Here's my letter to the legislature about AB2200 (the California Guaranteed Health Care for All Act (also known as CalCare) single-payer healthcare for California.
You can still write them (or just copy/paste what's below) by Tuesday, April 16, at this link. Just select AB2200 as the bill on which you'll comment.
My note:
The US currently pays roughly double the cost of healthcare in single-payer Medicare-for-all nations with worse healthcare outcomes. A World Health Organization study in 2000 ranks US health outcomes (life expectancy, vaccination rates, patient satisfaction, infant mortality, etc.) 37th in the world, between Costa Rica and Slovenia. The Sacramento Bee said, "It's as though we have the health care of Costa Rica and pay six times more for it."
Our current health care also means the US experiences more than a half million medical bankruptcies annually. Canada and France--single-payer countries with similar demographics to the US--have none. Perhaps related: The US incarcerates at five times the world average, seven times more, per capita, than Canada and France. So are French or Canadian crime rates worse than the US? Nope. About the same or less.
Could making more than a half million people desperate every year generate more crime? There's even a Netflix series ("Breaking Bad") that describes how a chemistry teacher starts cooking meth to pay hospital bills. Sure, that's fiction, but it's not too much of a stretch to believe desperation drives people to crime.

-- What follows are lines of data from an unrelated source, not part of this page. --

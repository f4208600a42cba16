-- ===== src/Node.antt =====
-- core/src/node.rs: `ControlNode`, one control period as a function of the state, the time and the
-- frames received.
pub mod Ingest
pub mod Command
pub mod Safe
pub mod Starved
pub mod Bounds
use fieldbus_control_node.Prelude.{
  ℕ, ◌+◌, Bool, true, false, Option, none, some, List, [], ◌∷◌, if◌then◌else◌, u8, pos, negsuc,
  Result, ok, err,
}
use fieldbus_control_node.J1939.Payload.{Frame, Payload, command_frame, status_ok, status_safe}
use fieldbus_control_node.J1939.Validator.{Validator, Reject, validate}
use fieldbus_control_node.J1939.Validator
use fieldbus_control_node.Watchdog.{Watchdog, SafeState, feed, check}
use fieldbus_control_node.Watchdog
use fieldbus_control_node.Control.Float.{Float32}
use fieldbus_control_node.Control.LowPass.{LowPass}
use fieldbus_control_node.Control.LowPass
use fieldbus_control_node.Control.Pi.{Pi}
use fieldbus_control_node.Control.Pi

abbrev pub watchdog_timeout_us : ℕ
watchdog_timeout_us = 80000

abbrev pub is_some {ℓ} : {A : Type ℓ} → Option A → Bool
is_some none = false
is_some (some a) = true

module _ (fl : Float32) where
  open fl use {F, literal, of_i16, to_i16}

  abbrev pub setpoint : F
  setpoint = literal (pos 500) 0

  -- 0.30
  abbrev pub filter_alpha : F
  filter_alpha = literal (pos 30) 2

  -- 0.60
  abbrev pub kp : F
  kp = literal (pos 60) 2

  -- 4.00
  abbrev pub ki : F
  ki = literal (pos 400) 2

  -- -1000
  abbrev pub out_min : F
  out_min = literal (negsuc 999) 0

  abbrev pub out_max : F
  out_max = literal (pos 1000) 0

  abbrev pub safe_actuator : F
  safe_actuator = literal (pos 0) 0

  pub record StepOutput : Type 0 where
    pub command_frame : Option Frame
    pub actuator : F
    pub safe_state : Option SafeState
    pub accepted : ℕ
    pub rejected : ℕ

  pub record ControlNode : Type 0 where
    pub validator : Validator
    pub filter : LowPass fl
    pub pi : Pi fl
    pub watchdog : Watchdog
    pub tx_seq : ℕ
    pub setpoint : F

  unfoldable pub with_watchdog_timeout : ℕ → ℕ → ControlNode
  with_watchdog_timeout start_us timeout_us = record {
    validator = Validator.new;
    filter = LowPass.new fl filter_alpha;
    pi = Pi.new fl kp ki out_min out_max;
    watchdog = Watchdog.new timeout_us start_us;
    tx_seq = 0;
    setpoint = setpoint;
  }

  unfoldable pub new : ℕ → ControlNode
  unfolding with_watchdog_timeout
  new start_us = with_watchdog_timeout start_us watchdog_timeout_us

  -- What an accepted frame does besides: it feeds the watchdog, and its value is the fresh one.
  unfoldable pub take_outcome :
      ControlNode → Option F → ℕ → Result Payload Reject → ControlNode × Option F
  take_outcome n fresh now_us (ok payload) =
      (record n { watchdog = feed n.watchdog now_us }, some (of_i16 payload.value))
  take_outcome n fresh now_us (err r) = (n, fresh)

  -- The loop over the received frames.
  unfoldable pub ingest : ControlNode → Option F → ℕ → List Frame → ControlNode × Option F
  ingest n fresh now_us [] = (n, fresh)
  ingest n fresh now_us (frame ∷ received) =
      let (v, outcome) = validate n.validator frame in
      let (n', fresh') = take_outcome (record n { validator = v }) fresh now_us outcome in
      ingest n' fresh' now_us received

  -- `if let Some(v) = fresh { self.filter.update(v); }`
  unfoldable pub filter_fresh : LowPass fl → Option F → LowPass fl
  filter_fresh f none = f
  filter_fresh f (some v) = (LowPass.update fl f v).0

  -- The control law, run when no safe state is latched.
  unfoldable pub control : ControlNode → Option F → ControlNode × F
  unfolding filter_fresh
  control n fresh =
      let f = filter_fresh n.filter fresh in
      let (c, out) = Pi.update fl n.pi n.setpoint (LowPass.value fl f) in
      (record n { filter = f; pi = c }, out)

  unfoldable pub actuate : ControlNode → Option F → Option SafeState → ControlNode × F
  unfolding control
  actuate n fresh (some s) = (n, safe_actuator)
  actuate n fresh none = control n fresh

  unfoldable pub step : ControlNode → ℕ → List Frame → ControlNode × StepOutput
  step n now_us received =
      let (n₁, fresh) = ingest n none now_us received in
      let (w, safe_state) = check n₁.watchdog now_us in
      let (n₂, actuator) = actuate (record n₁ { watchdog = w }) fresh safe_state in
      let status = if is_some safe_state then status_safe else status_ok in
      let frame = command_frame n₂.tx_seq (to_i16 actuator) status in
      (
        record n₂ { tx_seq = u8 (n₂.tx_seq + 1) },
        record {
          command_frame = some frame;
          actuator = actuator;
          safe_state = safe_state;
          accepted = n₂.validator.accepted;
          rejected = n₂.validator.rejected;
        },
      )

  unfoldable pub reset : ControlNode → ℕ → ControlNode
  reset n now_us = record n {
    watchdog = Watchdog.reset n.watchdog now_us;
    pi = Pi.reset fl n.pi;
    filter = LowPass.reset fl n.filter;
    validator = Validator.reset_sequence n.validator;
  }

  unfoldable pub safe_state : ControlNode → Option SafeState
  safe_state n = n.watchdog.latched

  unfoldable pub rejected_by_reason : ControlNode → List ℕ
  rejected_by_reason n = n.validator.by_reason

We could continue the beatings until morale improves, but we've already tried more policing and incarceration. Between 1982 and 2017 US population increased 42%, but spending on policing increased 187%.
How about we try treating people well? The all-sticks-no-carrots approach works so poorly. Cops only solve an estimated 15% of crimes, and less than half (40%) of the murders in California. The "copaganda" so ubiquitous on TV says Perry Mason always gets the bad guy, but that's a Hollywood illusion. Let's try something that really works: taking care of people.
Why don't we have single-payer healthcare now? When Harry Truman proposed it in 1948, the southern senators ("Dixiecrats" - now switched to Republicans by Richard Nixon) opposed the bill. They were concerned they might have to share their hospitals with people of color.
Racism! The gift that keeps on giving!